Provided entries:
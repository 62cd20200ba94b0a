-- ===== src/Pdu/Timestamp/RoundTrip.antt =====
-- `parse_timestamp` on decimal digits in semi-octets.
use esp32c3_sms_gateway.Prelude.{
  ℕ, ◌+◌, ◌*◌, ◌<◌, ◌≡◌, arith, List, [], ◌∷◌, drop, get_elem?-drop, get_elem?_at,
}
use esp32c3_sms_gateway.Prelude.Bits.{low_half, high_half}
use esp32c3_sms_gateway.Prelude.Result.{ok}
use esp32c3_sms_gateway.Pdu.Timestamp.{two_chars, format_timestamp, parse_timestamp}

-- Tens and units of one field of the date.
pub record TwoDigits : Type 0 where
  pub tens : ℕ
  pub units : ℕ

abbrev pub IsTwoDigits : TwoDigits → Type 0
IsTwoDigits t = (t.tens < 10) × (t.units < 10)

-- The digits are swapped in their byte.
abbrev pub swapped : TwoDigits → ℕ
swapped t = t.tens + 16 * t.units

abbrev pub decimals : TwoDigits → List ℕ → List ℕ
decimals t rest = (b'0' + t.tens) ∷ (b'0' + t.units) ∷ rest

pub record DateTime : Type 0 where
  pub year : TwoDigits
  pub month : TwoDigits
  pub day : TwoDigits
  pub hour : TwoDigits
  pub minute : TwoDigits
  pub second : TwoDigits

pub record IsDateTime (t : DateTime) : Type 0 where
  pub year_digits : IsTwoDigits t.year
  pub month_digits : IsTwoDigits t.month
  pub day_digits : IsTwoDigits t.day
  pub hour_digits : IsTwoDigits t.hour
  pub minute_digits : IsTwoDigits t.minute
  pub second_digits : IsTwoDigits t.second

-- The seven bytes of a time stamp, in front of `rest`.
unfoldable pub stamp : DateTime → ℕ → List ℕ → List ℕ
stamp t zone rest =
    swapped t.year
    ∷ swapped t.month
    ∷ swapped t.day
    ∷ swapped t.hour
    ∷ swapped t.minute
    ∷ swapped t.second
    ∷ zone
    ∷ rest

-- "20YY-MM-DD HH:MM:SS"
unfoldable pub date_text : DateTime → List ℕ
date_text t =
    b'2'
    ∷ b'0'
    ∷ decimals t.year (
        b'-'
        ∷ decimals t.month (
            b'-'
            ∷ decimals t.day
                (b' ' ∷ decimals t.hour (b':' ∷ decimals t.minute (b':' ∷ decimals t.second [])))))

two_chars-swapped :
    (t : TwoDigits) (rest : List ℕ) → IsTwoDigits t → two_chars (swapped t) rest ≡ decimals t rest
unfolding two_chars
two_chars-swapped t rest h =
    ground (arith, low_half (swapped t), high_half (swapped t) (omega arith))

format_timestamp-swapped :
    (t : DateTime)
    → IsDateTime t
    → format_timestamp
        (swapped t.year)
        (swapped t.month)
        (swapped t.day)
        (swapped t.hour)
        (swapped t.minute)
        (swapped t.second)
      ≡ date_text t
unfolding format_timestamp date_text
format_timestamp-swapped t h = rw (
  two_chars-swapped t.year _ h.year_digits,
  two_chars-swapped t.month _ h.month_digits,
  two_chars-swapped t.day _ h.day_digits,
  two_chars-swapped t.hour _ h.hour_digits,
  two_chars-swapped t.minute _ h.minute_digits,
  two_chars-swapped t.second _ h.second_digits,
)

pub parse_timestamp-stamp :
    (buf rest : List ℕ) (start zone : ℕ) (t : DateTime)
    → IsDateTime t
    → drop start buf ≡ stamp t zone rest
    → parse_timestamp buf start ≡ ok (date_text t, start + 7)
unfolding parse_timestamp stamp
parse_timestamp-stamp buf rest start zone t h e = ground (
  arith,
  get_elem?-drop start buf e,
  get_elem?_at start 1 buf e,
  get_elem?_at start 2 buf e,
  get_elem?_at start 3 buf e,
  get_elem?_at start 4 buf e,
  get_elem?_at start 5 buf e,
  get_elem?_at start 6 buf e,
  format_timestamp-swapped t h,
)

What is required: Give back the lines of the data exactly as they are written, from the first line through the line containing "pub record TwoDigits : Type 0 where".

Response to this exercise:
repository 62cd20200ba94b0a
-- ===== src/Pdu/Timestamp/RoundTrip.antt =====
-- `parse_timestamp` on decimal digits in semi-octets.
use esp32c3_sms_gateway.Prelude.{
  ℕ, ◌+◌, ◌*◌, ◌<◌, ◌≡◌, arith, List, [], ◌∷◌, drop, get_elem?-drop, get_elem?_at,
}
use esp32c3_sms_gateway.Prelude.Bits.{low_half, high_half}
use esp32c3_sms_gateway.Prelude.Result.{ok}
use esp32c3_sms_gateway.Pdu.Timestamp.{two_chars, format_timestamp, parse_timestamp}

-- Tens and units of one field of the date.
pub record TwoDigits : Type 0 where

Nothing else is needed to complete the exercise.